Section 2 : Stakeholder capitalism et gouvernement d’entreprise

Les modèles précédents du management par la valeur s’inspirent très largement de la théorie de l’agence. Dans ces approches, l’accent est mis presque exclusivement sur la protection des intérêts du principal. Au sein des firmes managériales, le but recherché est ainsi d’orienter l’action des dirigeants dans le sens de la maximisation de la valeur actionnariale. L’intérêt des autres  stakeholders  est relégué au second plan. Pourtant ces derniers sont, à des degrés divers, autant exposés au risque que les actionnaires. « Un stakeholder dans une organisation est par définition, tout groupe ou individu qui peut affecter, ou qui peut être affecté par la réalisation des objectifs de l’organisation » (R.E. Freeman, 1984). Cette définition, la plus généralement retenue, montre que ne peuvent être exclus du statut de stakeholder que les individus ou les groupes dont l'activité n'influe pas sur la firme, et dans le sens inverse, ceux qui ne subissent aucune conséquence du fait de l’activité de celle-ci. Cette définition est d’autant plus large que l’influence dont il est question ne doit pas être nécessairement réciproque.

D’ailleurs, Thompson, Watrick et Smith considèrent comme stakeholders tous les groupes « qui sont en rapport avec une organisation » (S.Thompson et alii, 1991). Plus précis J.W Kesinger et J.D Martin estiment qu’un « stakeholder est tout membre de la firme non-actionnaire dont le bien est lié à l’entreprise, tels que le créancier, l’employé, le client, le fournisseur, ou tout autre membre de la communauté au sein de laquelle se trouve l’entreprise » (J.W Kesinger, J.D Martin, 1992). Néanmoins, un auteur comme Clarkson restreint le nombre d’acteurs qui, au sein de la firme, peuvent se prévaloir du stakeholder en introduisant la notion du risque, « les stakeholders volontaires supportent une certaine forme de risque qui est le résultat de leur investissement sous forme d’un capital, financier ou humain d’une certaine valeur dans la firme. Les stakeholders involontaires sont placés dans une position risquée du fait des activités de la firme. Mais sans l’élément risque, il n’y a pas d’enjeu » (Clarkson, 1994).

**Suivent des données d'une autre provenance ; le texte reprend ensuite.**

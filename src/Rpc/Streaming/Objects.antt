-- ===== src/Rpc/Streaming/Objects.antt =====
-- All that a stream in line mode sends, from its first write to its Close
-- (rupicolarpc/streaming.go).
use mathlib.Core.Path.{subst}
use rupicola_go.Base.{
  ℕ, Bytes, String, lit, List, [], ◌∷◌, ◌++◌, true, false, Option, none, some, ◌≡◌, refl, sym, ap,
  ◌∙◌, arith, nat_eq,
}
use rupicola_go.Rpc.Value.{Any, text, Envelope, text_line, version20s}
use rupicola_go.Rpc.Errors.{new_result_ex}
use rupicola_go.Rpc.Limit.{Outcome, ◌or_return◌, or_return_assoc}
use rupicola_go.Rpc.Base.{Env, Response, encode_response}
use rupicola_go.Rpc.Streaming.{
  Streaming, send, reset, commit, set_response_result, close, write, write_header,
}
use rupicola_go.Rpc.Streaming.Lines.{cut, outcome, deliver}
use rupicola_go.Rpc.Streaming.Append.{write-eq-deliver, write-eq-header, write_header-IsOpen}

-- One object for each line, one for what follows the last line end, if there is something.
abbrev pub line_objects : Option Any → List Bytes → Bytes → List Envelope
line_objects id [] [] = []
line_objects id [] (c ∷ rest) = text_line (c ∷ rest) id ∷ []
line_objects id (l ∷ ls) rest = text_line l id ∷ line_objects id ls rest

abbrev pub marker : String → Option Any → Envelope
marker word id = new_result_ex (text (lit word)) id version20s

-- The header, the lines of an output, and the footer.
abbrev pub stream_objects : Option Any → Bytes → List Envelope
stream_objects id p =
    marker "OK" id ∷ line_objects id (cut [] p).0 (cut [] p).1 ++ marker "Done" id ∷ []

module _ (E : Env) where
  -- The objects one after the other, up to the first error.
  unfoldable pub encode_all : List Envelope → Response E.Sink → Outcome (Response E.Sink)
  encode_all [] base = (none, base)
  encode_all (v ∷ vs) base = encode_response E.marshal E.write v base or_return encode_all vs

  -- The same error, and the same base behind it.
  abbrev pub Follows : Outcome (Streaming E.Sink) → Outcome (Response E.Sink) → Type 0
  Follows o q = (o.0 ≡ q.0) × (o.1.base ≡ q.1)

  or_return-Follows :
      (o : Outcome (Streaming E.Sink)) (q : Outcome (Response E.Sink))
      (f : Streaming E.Sink → Outcome (Streaming E.Sink))
      (g : Response E.Sink → Outcome (Response E.Sink))
      → Follows o q
      → (o.0 ≡ none → Follows (f o.1) (g q.1))
      → Follows (o or_return f) (q or_return g)
  or_return-Follows (none, b) (none, base) f g h k = k refl
  or_return-Follows (some e, b) (some e', base) f g h k = h
  or_return-Follows (none, b) (some e', base) f g h k = cc h.0
  or_return-Follows (some e, b) (none, base) f g h k = cc h.0

  send-Follows :
      (v : Envelope) (b : Streaming E.Sink)
      → Follows (send E v b) (encode_response E.marshal E.write v b.base)
  unfolding send
  send-Follows v b = (refl, refl)

  send-id : (v : Envelope) (b : Streaming E.Sink) → (send E v b).1.base.id ≡ b.base.id
  unfolding send encode_response
  send-id v b = refl

  encode_all-one :
      (v : Envelope) (base : Response E.Sink)
      → encode_all (v ∷ []) base ≡ encode_response E.marshal E.write v base
  unfolding encode_all
  encode_all-one v base = ground arith

  encode_all-append :
      (vs ws : List Envelope) (base : Response E.Sink)
      → encode_all (vs ++ ws) base ≡ (encode_all vs base or_return encode_all ws)
  unfolding encode_all
  encode_all-append [] ws base = refl
  encode_all-append (v ∷ vs) ws base =
      ground (arith, encode_all-append vs ws (encode_response E.marshal E.write v base).1)

  -- The footer, where nothing waits.
  done-Follows :
      (b : Streaming E.Sink)
      → b.is_closed ≡ false
      → b.buffer ≡ []
      → Follows (close E b) (encode_response E.marshal E.write (marker "Done" b.base.id) b.base)
  unfolding close set_response_result commit send
  done-Follows b h k = ground arith

  -- What waits, and then the footer.
  rest-Follows :
      (b : Streaming E.Sink) (c : ℕ) (rest : Bytes)
      → b.is_closed ≡ false
      → b.chunk_size ≡ 0
      → b.buffer ≡ c ∷ rest
      → Follows (close E b) (
          encode_response E.marshal E.write (text_line (c ∷ rest) b.base.id) b.base
          or_return encode_response E.marshal E.write (marker "Done" b.base.id))
  unfolding close set_response_result commit send encode_response
  rest-Follows b c rest h z k = ground arith

  close-Follows :
      (b : Streaming E.Sink) (rest : Bytes)
      → b.is_closed ≡ false
      → b.chunk_size ≡ 0
      → b.buffer ≡ rest
      → Follows
          (close E b)
          (encode_all (line_objects b.base.id [] rest ++ marker "Done" b.base.id ∷ []) b.base)
  unfolding encode_all
  close-Follows b [] h z k = ground (arith, done-Follows b h k)
  close-Follows b (c ∷ rest) h z k = ground (arith, rest-Follows b c rest h z k)

  lines-Follows :
      (ls : List Bytes) (rest : Bytes) (b : Streaming E.Sink)
      → b.is_closed ≡ false
      → b.chunk_size ≡ 0
      → Follows
          (deliver E ls rest b or_return close E)
          (encode_all (line_objects b.base.id ls rest ++ marker "Done" b.base.id ∷ []) b.base)
  unfolding deliver encode_all send encode_response
  lines-Follows [] rest b h z = close-Follows (record b { buffer = rest }) rest h z refl
  lines-Follows (l ∷ ls) rest b h z =
      let sent = send E (text_line l b.base.id) (reset E b) in
      rw (or_return_assoc sent (deliver E ls rest) (close E)) (
        or_return-Follows sent (encode_response E.marshal E.write (text_line l b.base.id) b.base)
          (λ s. deliver E ls rest s or_return close E)
          (encode_all (line_objects b.base.id ls rest ++ marker "Done" b.base.id ∷ [])) (refl, refl)
          (λ e. lines-Follows ls rest sent.1 h z))

  -- A new stream in line mode.
  pub record IsNew (b : Streaming E.Sink) : Type 0 where
    pub closed : b.is_closed ≡ false
    pub chunk : b.chunk_size ≡ 0
    pub first : b.first_write ≡ true
    pub buffer : b.buffer ≡ []

  header-Follows :
      (b : Streaming E.Sink)
      → IsNew b
      → Follows
          (write_header E b)
          (encode_response E.marshal E.write (marker "OK" b.base.id) b.base)
        × ((write_header E b).1.buffer ≡ [])
        × ((write_header E b).1.base.id ≡ b.base.id)
  unfolding write_header set_response_result commit send encode_response
  header-Follows b new = ground arith

  pub write_close-Follows :
      (p : Bytes) (b : Streaming E.Sink)
      → IsNew b
      → Follows
          (outcome (write E p b) or_return close E)
          (encode_all (stream_objects b.base.id p) b.base)
  unfolding encode_all
  write_close-Follows p b new =
      let header = write_header E b in
      let first = header-Follows b new in
      let is_open = write_header-IsOpen E b new.closed new.chunk in
      let delivered : outcome (write E p header.1) ≡ deliver E (cut [] p).0 (cut [] p).1 header.1 =
        write-eq-deliver E p header.1 is_open
        ∙ ap (λ (w : Bytes). deliver E (cut w p).0 (cut w p).1 header.1) first.1 in
      let lines = lines-Follows (cut [] p).0 (cut [] p).1 header.1 is_open.closed is_open.chunk in
      let rest =
        λ (id : Option Any). line_objects id (cut [] p).0 (cut [] p).1 ++ marker "Done" id ∷ [] in
      let written =
        subst
          (λ (o : Outcome (Streaming E.Sink)).
            Follows (o or_return close E) (encode_all (rest header.1.base.id) header.1.base))
          (sym delivered) lines in
      let named =
        subst
          (λ (id : Option Any).
            Follows (outcome (write E p header.1) or_return close E)
              (encode_all (rest id) header.1.base))
          first.2 written in
      let rebased =
        subst
          (λ (base : Response E.Sink).
            Follows (outcome (write E p header.1) or_return close E)
              (encode_all (rest b.base.id) base))
          first.0.1 named in
      rw (write-eq-header E p b new.closed new.chunk) (
        rw (or_return_assoc header (λ b'. outcome (write E p b')) (close E)) (
          or_return-Follows header
            (encode_response E.marshal E.write (marker "OK" b.base.id) b.base)
            (λ b'. outcome (write E p b') or_return close E)
            (encode_all
              (line_objects b.base.id (cut [] p).0 (cut [] p).1 ++ marker "Done" b.base.id ∷ []))
            first.0 (λ e. rebased)))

Aussi restrictive soit-elle, cette définition de Clarkson montre clairement que les actionnaires ne sont pas les seuls acteurs de la firme à encourir le risque. Au-delà de leurs divergences, ces définitions montrent en effet que les autres stakeholders sont aussi susceptibles d’être affectés par les choix faits par « leurs » firmes. A partir de là, une stratégie exclusivement basée sur la maximisation de la richesse des actionnaires semble contestable et a priori non optimale.

Les approches dérivées du courant dit de la « stakeholder theory » proposent des solutions alternatives aux modèles de la « shareholder value ». Partant de la critique des fondements et des recommandations de cette dernière, la « stakeholder » théorie propose une philosophie totalement différente. Son principe de base est la prise en compte de l’intérêt de l’ensemble des « stakeholders » dans l’élaboration de la stratégie de la firme.